Note that each graduate course satisfying the above requirements typically covers 5 credits.
Project
Completion of a project report is required for the master’s degree in this track. To fulfill this requirement, the student submits a written proposal to a faculty member, usually by the third academic quarter. By accepting the proposal, the faculty member becomes the project adviser. In consultation with the adviser, the student forms a project reading committee with at least one additional faculty member, each of whom is provided a copy of the proposal. Upon completion of the project, the student submits the report to the project reading committee, and the final project must be accepted by the reading committee before the award of the master of science degree.
Thesis Track
Each student is required to take 45 credits, which must consist of:
- At least 15 credits from one of the four core areas defined above.
- At least 20 credits of the total 45 credits must be satisfied through ECE graduate courses*.
- At most 10 credits of independent study (ECE 297, ECE 299) are counted toward the ECE course requirements.
- At most 5 credits of ECE 290 and ECE 291 can be counted toward the ECE course requirements. A combined total of 5 credits from ECE 290 and/or ECE 291 are mandatory.
Total credits required for the M.S. degree is 45.
*The 20 credits of ECE graduate courses can include courses from the core areas only if they are ECE graduate courses. Graduate courses offered by other departments and approved for the core areas are not counted as ECE graduate courses.
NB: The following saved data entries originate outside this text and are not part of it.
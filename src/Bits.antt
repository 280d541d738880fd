-- ===== src/Bits.antt =====
-- Bits of words: `>>`, `|` and `^`, as the drivers use them.
use modern.Base.{
  ℕ, zero, suc, ◌+◌, ◌*◌, ◌/◌, ◌%◌, ◌^◌, ◌<◌, ◌≡◌, Bool, ◌==◌, ◌||◌, if◌then◌else◌, refl, arith,
  ◌∙◌, ap,
}
use native.Mathlib.Nat.{pow-suc}

-- `(w >> i) & 1`
abbrev pub bit : ℕ → ℕ → Bool
bit w zero = w % 2 == 1
bit w (suc i) = bit (w / 2) i

-- `a | b` on the lowest `n` bits
unfoldable pub bit_or : ℕ → ℕ → ℕ → ℕ
bit_or zero a b = 0
bit_or (suc n) a b = (if (a % 2 == 1) || (b % 2 == 1) then 1 else 0) + 2 * bit_or n (a / 2) (b / 2)

-- `a ^ b` on the lowest `n` bits
unfoldable pub bit_xor : ℕ → ℕ → ℕ → ℕ
bit_xor zero a b = 0
bit_xor (suc n) a b = (if a % 2 == b % 2 then 0 else 1) + 2 * bit_xor n (a / 2) (b / 2)

pub bit-bit_or : (n a b i : ℕ) → i < n → bit (bit_or n a b) i ≡ (bit a i || bit b i)
unfolding bit_or
bit-bit_or zero a b i h = absurd (omega arith)
bit-bit_or (suc n) a b zero h = ground arith
bit-bit_or (suc n) a b (suc i) h =
    let half : ((if (a % 2 == 1) || (b % 2 == 1) then 1 else 0) + 2 * bit_or n (a / 2) (b / 2)) / 2
        ≡ bit_or n (a / 2) (b / 2) =
      ground arith in
    rw half (bit-bit_or n (a / 2) (b / 2) i (omega arith))

bit_xor-zero : (n : ℕ) → bit_xor n 0 0 ≡ 0
unfolding bit_xor
bit_xor-zero zero = refl
bit_xor-zero (suc n) = omega (arith, bit_xor-zero n)

-- `^` needs no more bits than its arguments.
pub bit_xor-lt : (n m a b : ℕ) → a < 2 ^ m → b < 2 ^ m → bit_xor n a b < 2 ^ m
unfolding bit_xor
bit_xor-lt n zero a b ha hb =
    let za : a ≡ 0 = omega (arith, ha) in
    let zb : b ≡ 0 = omega (arith, hb) in rw (za, zb, bit_xor-zero n) (omega arith)
bit_xor-lt zero (suc m) a b ha hb = omega (arith, ha)
bit_xor-lt (suc n) (suc m) a b ha hb =
    let half : bit_xor n (a / 2) (b / 2) < 2 ^ m =
      bit_xor-lt n m (a / 2) (b / 2) (omega arith) (omega arith) in
    ground (arith, half)

pub bit_or-zero : (n a : ℕ) → a < 2 ^ n → bit_or n a 0 ≡ a
unfolding bit_or
bit_or-zero zero a small = omega arith
bit_or-zero (suc n) a small =
    let half : bit_or n (a / 2) 0 ≡ a / 2 = bit_or-zero n (a / 2) (omega arith) in
    ground (arith, half)

pub bit_or_comm : (n a b : ℕ) → bit_or n a b ≡ bit_or n b a
unfolding bit_or
bit_or_comm zero a b = refl
bit_or_comm (suc n) a b = let half = bit_or_comm n (a / 2) (b / 2) in ground (arith, half)

twice : (c p : ℕ) → c * (p * 2) ≡ 2 * (c * p)
twice c p = grind arith

-- Fields that do not overlap: `|` is their sum.
pub bit_or-+ :
    (n m c b : ℕ)
    → b < 2 ^ m
    → c * 2 ^ m < 2 ^ n
    → b < 2 ^ n
    → bit_or n (c * 2 ^ m) b ≡ c * 2 ^ m + b
unfolding bit_or
bit_or-+ zero m c b low high fits = omega arith
bit_or-+ (suc n) zero c b low high fits =
    let nothing : b ≡ 0 = omega arith in
    rw nothing (bit_or-zero (suc n) (c * 2 ^ 0) high ∙ omega arith)
bit_or-+ (suc n) (suc m) c b low high fits =
    let doubled : c * 2 ^ suc m ≡ 2 * (c * 2 ^ m) = ap (c *◌) (pow-suc 2 m) ∙ twice c (2 ^ m) in
    let half = bit_or-+ n m c (b / 2) (omega arith) (omega (arith, doubled)) (omega arith) in
    let upper : c * 2 ^ suc m / 2 ≡ c * 2 ^ m = omega (arith, doubled) in
    let even : c * 2 ^ suc m % 2 ≡ 0 = omega (arith, doubled) in
    rw (upper, even, half) (ground (arith, doubled))
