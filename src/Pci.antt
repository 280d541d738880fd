-- ===== src/Pci.antt =====
-- device/pci.cpp: base address registers, the scan of the bus and the dispatch of interrupts. A
-- driver is named by a number; what its `Enumerate` and `HandleInterrupt` answer, and what a
-- area_register reads after a write, is the device's and a parameter.
pub mod Bars
pub mod Address
pub mod Scan
pub mod Active
pub mod Dispatch
mod Tests
use modern.Base.{
  ℕ, zero, suc, ◌+◌, ◌*◌, ◌-◌, ◌/◌, ◌%◌, ◌^◌, Bool, true, false, ◌==◌, ltb, leb, if◌then◌else◌,
  Option, some, none, List, [], ◌∷◌, ◌++◌, not,
}
use modern.Base.Bytes.{u32_mod, u64_mod}
use modern.Bits.{bit_or}

-- `PCIBar`, and the value that the area_register is left with
pub record PciBar : Type 0 where
  pub start : ℕ
  pub size : ℕ
  pub is_io : Bool
  pub left : ℕ

-- `bar_parse` on a area_register that holds `old`, where `respond w` is what it holds after `w` was
-- written: 0xfffffffc and 0xfffffff0 mask the lowest two and four bits, and `~x + 1` is `2 ^ 32 - x`.
unfoldable pub bar_parse : (ℕ → ℕ) → ℕ → PciBar
bar_parse respond old =
    if old % 2 == 1
    then record {
      start = old / 4 * 4;
      size = (u32_mod - respond (0xffff_fffc + old % 4) / 4 * 4) % u32_mod;
      is_io = true;
      left = respond old;
    }
    else record {
      start = old;
      size = (u32_mod - respond (0xffff_fff0 + old % 16) / 16 * 16) % u32_mod;
      is_io = false;
      left = respond old;
    }

-- the address that `pci_config_read_word` sends: fields that do not overlap when they are in range
unfoldable pub config_address : ℕ → ℕ → ℕ → ℕ → ℕ
config_address bus slot func offset =
    bit_or 32
      (bit_or 32 (bit_or 32 (bit_or 32 (bus * 2 ^ 16 % u32_mod) (slot * 2 ^ 11)) (func * 2 ^ 8))
        (offset % 256 / 4 * 4))
      0x8000_0000

-- and the word that it takes of the 32 bits read
unfoldable pub config_word : ℕ → ℕ → ℕ
config_word offset word = word / 2 ^ (offset / 2 % 2 * 2 * 8) % 2 ^ 16

-- what the scan reads of `ExtendedConfigSpace`
pub record ConfigSpace : Type 0 where
  pub vendor : ℕ
  pub device : ℕ
  pub bars : ℕ → ℕ
  pub respond : ℕ → ℕ → ℕ

-- `ECMGroup`
pub record EcmGroup : Type 0 where
  pub base : ℕ
  pub bus_start : ℕ
  pub bus_end : ℕ

abbrev pub invalid_vendor : ℕ
invalid_vendor = 0xffff

-- the bars of `info`: those that are not 0, by their index
unfoldable pub parse_bars : ConfigSpace → ℕ → ℕ → List (ℕ × PciBar)
parse_bars cs i zero = []
parse_bars cs i (suc n) =
    let rest = parse_bars cs (i + 1) n in
    if cs.bars i == 0 then rest else (i, bar_parse (cs.respond i) (cs.bars i)) ∷ rest

-- the address of a function's space, without `KERNEL_START`
unfoldable pub space_address : ℕ → ℕ → ℕ → ℕ → ℕ
space_address base j device function =
    bit_or 64 base (bit_or 64 (j * 2 ^ 20) (bit_or 64 (device * 2 ^ 15) (function * 2 ^ 12)))

-- `for (i = first; i < first + n; i++)`, where each round appends to the active drivers
unfoldable pub concat_range : (ℕ → List ℕ) → ℕ → ℕ → List ℕ
concat_range round i zero = []
concat_range round i (suc n) = round i ++ concat_range round (i + 1) n

module _ (space : ℕ → ConfigSpace) (find : ℕ → ℕ → Option ℕ)
    (enumerate : ℕ → ℕ → List (ℕ × PciBar) → Bool) (identity_map_start : ℕ) where
  -- a driver that is found is active if its `Enumerate` says so
  unfoldable pub start_driver : Option ℕ → ℕ → List (ℕ × PciBar) → List ℕ
  start_driver none address bars = []
  start_driver (some driver) address bars =
      if enumerate driver address bars then driver ∷ [] else []

  -- one function
  unfoldable pub scan_function : ℕ → List ℕ
  scan_function address =
      let cs = space address in
      if cs.vendor == invalid_vendor
      then []
      else start_driver (find cs.vendor cs.device) address (parse_bars cs 0 6)

  -- the loop over the functions of a device whose function 0 is there
  unfoldable pub scan_device : ℕ → ℕ → ℕ → List ℕ
  scan_device base j device =
      if (space (space_address base j device 0)).vendor == invalid_vendor
      then []
      else concat_range (λ function. scan_function (space_address base j device function)) 0 8

  -- the loops over devices, buses and groups
  unfoldable pub scan_bus : ℕ → ℕ → List ℕ
  scan_bus base j = concat_range (λ device. scan_device base j device) 0 32

  -- `bus_end - bus_start` is an `int` and is compared as a `u64`
  unfoldable pub scan_group : EcmGroup → List ℕ
  scan_group g =
      if leb identity_map_start g.base
      then []
      else concat_range (λ j. scan_bus g.base j) 0 ((g.bus_end + u64_mod - g.bus_start) % u64_mod)

  unfoldable pub scan_groups : List EcmGroup → List ℕ
  scan_groups [] = []
  scan_groups (g ∷ gs) = scan_group g ++ scan_groups gs

  -- `PCIBusDriver::Enumerate`: the active drivers afterwards
  unfoldable pub enumerate_bus : List ℕ → List EcmGroup → List ℕ
  enumerate_bus active groups = active ++ scan_groups groups

-- The interrupt handler that `Enumerate` registers: the drivers that are asked, in order, and
-- whether one took it. The end of the interrupt is signalled in either case.
unfoldable pub dispatch : (ℕ → ℕ → Bool) → ℕ → List ℕ → List ℕ × Bool
dispatch handle irq [] = ([], false)
dispatch handle irq (d ∷ ds) =
    let (asked, handled) = dispatch handle irq ds in
    if handle d irq then (d ∷ [], true) else (d ∷ asked, handled)
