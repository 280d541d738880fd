-- ===== src/Acpi.antt =====
-- device/efi.cpp: the tables of the firmware; device/rtl8139.cpp: `ioapic_init` and the registers of
-- the interrupt controller. Memory is by virtual address; what the controller does with a store is
-- the device's and a parameter.
pub mod Tables
pub mod Madt
pub mod Routes
pub mod Init
mod Tests
use modern.Base.{
  ℕ, zero, suc, ◌+◌, ◌-◌, ◌*◌, ◌/◌, ◌%◌, ◌^◌, Bool, true, false, not, ◌&&◌, Option, none, some,
  ◌>>=◌, ◌>>◌, guard, List, [], ◌∷◌, ltb, ◌==◌, if◌then◌else◌, get_or,
}
use modern.Base.Bytes.{u32_mod, add64, sub64}
use modern.Memory.{Memory, memcmp}
use modern.Pages.{kernel_start}
use modern.Loader.{read_field}
use modern.Mm.Walk.{identity_map_phy_end}
use modern.Bits.{bit_or}
use modern.Pci.{EcmGroup}

-- `SystemDescriptionTable`: its length, and where its data begins
abbrev pub table_length : Memory → ℕ → ℕ
table_length mem sdt = read_field mem (sdt + 4) 4

abbrev pub table_header : ℕ
table_header = 36

abbrev pub table_data : ℕ → ℕ
table_data sdt = sdt + table_header

-- "XSDT", "MCFG" and "APIC"
abbrev pub xsdt_signature : List ℕ
xsdt_signature = b'X' ∷ b'S' ∷ b'D' ∷ b'T' ∷ []

abbrev pub pcie_config_signature : List ℕ
pcie_config_signature = b'M' ∷ b'C' ∷ b'F' ∷ b'G' ∷ []

abbrev pub apic_signature : List ℕ
apic_signature = b'A' ∷ b'P' ∷ b'I' ∷ b'C' ∷ []

-- `memcmp(sdt->signature, signature, 4) == 0`
unfoldable pub has_signature : Memory → ℕ → List ℕ → Bool
unfolding memcmp
has_signature mem sdt signature = memcmp (λ i. mem (sdt + i)) (λ i. get_or signature i 0) 4 == 0

-- `pcie_sdt` and `apic_sdt`
pub record Found : Type 0 where
  pub pcie : Option ℕ
  pub apic : Option ℕ

-- one round of the loop over the entries, at the entry that holds `phy`
unfoldable pub find_round : Memory → ℕ → Found → Found
unfolding has_signature
find_round mem phy f =
    let sdt = phy + kernel_start in
    if ltb phy identity_map_phy_end
    then if has_signature mem sdt pcie_config_signature
      then record f { pcie = some sdt }
      else if has_signature mem sdt apic_signature
      then record f { apic = some sdt }
      else f
    else f

-- the rounds from `i` on, `n` of them
unfoldable pub find_tables : Memory → ℕ → ℕ → ℕ → Found → Found
unfolding find_round
find_tables mem tables i zero f = f
find_tables mem tables i (suc n) f =
    find_tables mem tables (i + 1) n (find_round mem (read_field mem (tables + 8 * i) 8) f)

-- the `n` groups that the configuration table lists, from `a` on
unfoldable pub ecm_groups : Memory → ℕ → ℕ → List EcmGroup
ecm_groups mem a zero = []
ecm_groups mem a (suc n) =
    record { base = read_field mem a 8; bus_start = mem (a + 10); bus_end = mem (a + 11) }
    ∷ ecm_groups mem (a + 16) n

-- The walk over the entries of the interrupt controllers' table: the address and the first interrupt
-- of the first I/O controller, or none. An entry of length 0 is read for ever; then the fuel runs out,
-- and the result is `none`.
unfoldable pub find_io_apic : ℕ → Memory → ℕ → ℕ → ℕ → Option (Option (ℕ × ℕ))
find_io_apic zero mem p rest offset = none
find_io_apic (suc fuel) mem p rest offset =
    let next = find_io_apic fuel mem p rest (add64 offset (mem (p + offset + 1))) in
    if ltb offset rest
    then if mem (p + offset) == 1
      then some (some (read_field mem (p + offset + 4) 4, read_field mem (p + offset + 8) 4))
      else next
    else some none

abbrev pub ioapic_irq_start : ℕ
ioapic_irq_start = 0x40

abbrev pub ioapic_irq_count : ℕ
ioapic_irq_count = 0x18

abbrev pub ioapic_isa_irq_com1 : ℕ
ioapic_isa_irq_com1 = 0x44

abbrev pub ioapic_pci_irq_start : ℕ
ioapic_pci_irq_start = 0x50

abbrev pub ioapic_pci_irq_count : ℕ
ioapic_pci_irq_count = 0x8

-- A device behind addresses: what 32-bit stores do, and what a load gives.
pub record Device : Type 1 where
  pub State : Type 0
  pub store32 : State → ℕ → ℕ → State
  pub load32 : State → ℕ → ℕ

-- `0x10 + 2*(irq - irq_base)` and `0x11 + …`, as a `u8`
abbrev pub entry_offset : ℕ → ℕ → ℕ → ℕ
entry_offset first irq irq_base =
    (first + 2 * ((irq + u32_mod - irq_base) % u32_mod)) % u32_mod % 2 ^ 8

-- `outb` to the two interrupt controllers of old, if they are there
unfoldable pub pic_writes : Memory → ℕ → List (ℕ × ℕ)
pic_writes mem table =
    if read_field mem (table_data table + 4) 4 % 2 == 1
    then (0x21, 0xff) ∷ (0xa1, 0xff) ∷ []
    else []

module _ (dev : Device) where
  open dev use {State, store32, load32}

  unfoldable pub write_ioapic_register : State → ℕ → ℕ → ℕ → State
  write_ioapic_register s apic_base offset val =
      store32 (store32 s apic_base offset) (apic_base + 0x10) val

  unfoldable pub read_ioapic_register : State → ℕ → ℕ → ℕ × State
  read_ioapic_register s apic_base offset =
      let selected = store32 s apic_base offset in (load32 selected (apic_base + 0x10), selected)

  unfoldable pub ioapic_disable_irq : State → ℕ → ℕ → ℕ → State
  unfolding write_ioapic_register
  ioapic_disable_irq s ioapic irq_base irq =
      write_ioapic_register s ioapic (entry_offset 0x10 irq irq_base) (2 ^ 16)

  -- the last two lines of it read the entry back, to print it
  unfoldable pub ioapic_enable_irq : State → ℕ → ℕ → ℕ → ℕ → State
  unfolding write_ioapic_register read_ioapic_register
  ioapic_enable_irq s ioapic target_lapic_id irq_base irq =
      let lo = entry_offset 0x10 irq irq_base in
      let hi = entry_offset 0x11 irq irq_base in
      let s1 = write_ioapic_register s ioapic lo (bit_or 32 irq (2 ^ 13)) in
      let s2 = write_ioapic_register s1 ioapic hi (target_lapic_id * 2 ^ 24 % u32_mod) in
      (read_ioapic_register (read_ioapic_register s2 ioapic lo).1 ioapic hi).1

  -- the two loops, from `irq` on
  unfoldable pub disable_from : State → ℕ → ℕ → ℕ → State
  disable_from s ioapic irq zero = s
  disable_from s ioapic irq (suc n) =
      disable_from (ioapic_disable_irq s ioapic ioapic_irq_start irq) ioapic (irq + 1) n

  unfoldable pub enable_from : State → ℕ → ℕ → ℕ → State
  enable_from s ioapic irq zero = s
  enable_from s ioapic irq (suc n) =
      enable_from (ioapic_enable_irq s ioapic 0 ioapic_irq_start irq) ioapic (irq + 1) n

  -- all entries masked, then those of the PCI devices and of the serial port opened
  unfoldable pub set_routes : State → ℕ → State
  set_routes s ioapic =
      let masked = disable_from s ioapic ioapic_irq_start ioapic_irq_count in
      let opened = enable_from masked ioapic ioapic_pci_irq_start ioapic_pci_irq_count in
      ioapic_enable_irq opened ioapic 0 ioapic_irq_start ioapic_isa_irq_com1

  -- `none` is a failed assertion, or a table that is read for ever. A round goes on by a byte at
  -- least, so the fuel is the number of bytes, and one more.
  unfoldable pub ioapic_init : Memory → ℕ → State → Option (List (ℕ × ℕ) × State)
  unfolding pic_writes
  ioapic_init mem table s = do
    let rest = sub64 (sub64 (table_length mem table) table_header) 8
    found ← find_io_apic (rest + 1) mem (table_data table + 8) rest 0
    (phy_addr, irq_base) ← found
    guard (not (phy_addr == 0))
    let ioapic0 = kernel_start + phy_addr
    let (v, s1) = read_ioapic_register s ioapic0 1
    let max_redir_entry = v / 2 ^ 16 % 2 ^ 8 + 1
    guard (max_redir_entry == ioapic_irq_count)
    some (pic_writes mem table, set_routes s1 ioapic0)

  -- What `efi_table_init` hands over: the ports written, the controller, and the groups of buses that
  -- are scanned.
  unfoldable pub efi_table_init : Memory → ℕ → State → Option (List (ℕ × ℕ) × State × List EcmGroup)
  efi_table_init mem xsdt_phy s = do
    guard (not (xsdt_phy == 0))
    guard (ltb xsdt_phy identity_map_phy_end)
    let xsdt = xsdt_phy + kernel_start
    guard (has_signature mem xsdt xsdt_signature)
    let n_entries = sub64 (table_length mem xsdt) table_header / 8
    let f = find_tables mem (table_data xsdt) 0 n_entries (record { pcie = none; apic = none })
    apic_sdt ← f.apic
    (ports, s1) ← ioapic_init mem apic_sdt s
    pcie_sdt ← f.pcie
    let n = sub64 (table_length mem pcie_sdt) table_header / 16
    some (ports, s1, ecm_groups mem (table_data pcie_sdt + 8) n)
Note that each graduate course satisfying the above requirements typically covers 5 credits.
Thesis
Completion of a master’s thesis is required for the master’s degree in this track. To fulfill this requirement, the student submits a written proposal to a faculty member, usually by the third academic quarter. By accepting the proposal, the faculty member becomes the thesis adviser. In consultation with the adviser, the student forms a master’s thesis reading committee with at least two additional faculty members, each of whom is provided a copy of the proposal. Upon completion of the thesis work, the student presents an expository talk on the thesis research, and the final thesis must be accepted by the master’s thesis reading committee before the award of the master of science degree.
NOTE: This is an abbreviated version of the program requirements. Please review the Program Statement for a full explanation of all program requirements.
- Broad range of basic knowledge in the field of electrical engineering.
- Technical expertise in at least one specific application area relevant to the research.
- Ability to identify a theoretical and/or experimental research topic; Ability to solve theoretical and/or experimental problems.
- Ability to present the research in a competent technical presentation; Ability to communicate with peers about the research.
- Show a high standard of professional and research ethics.
- Ability to recognize a research topic, plan a project, and carry it to completion.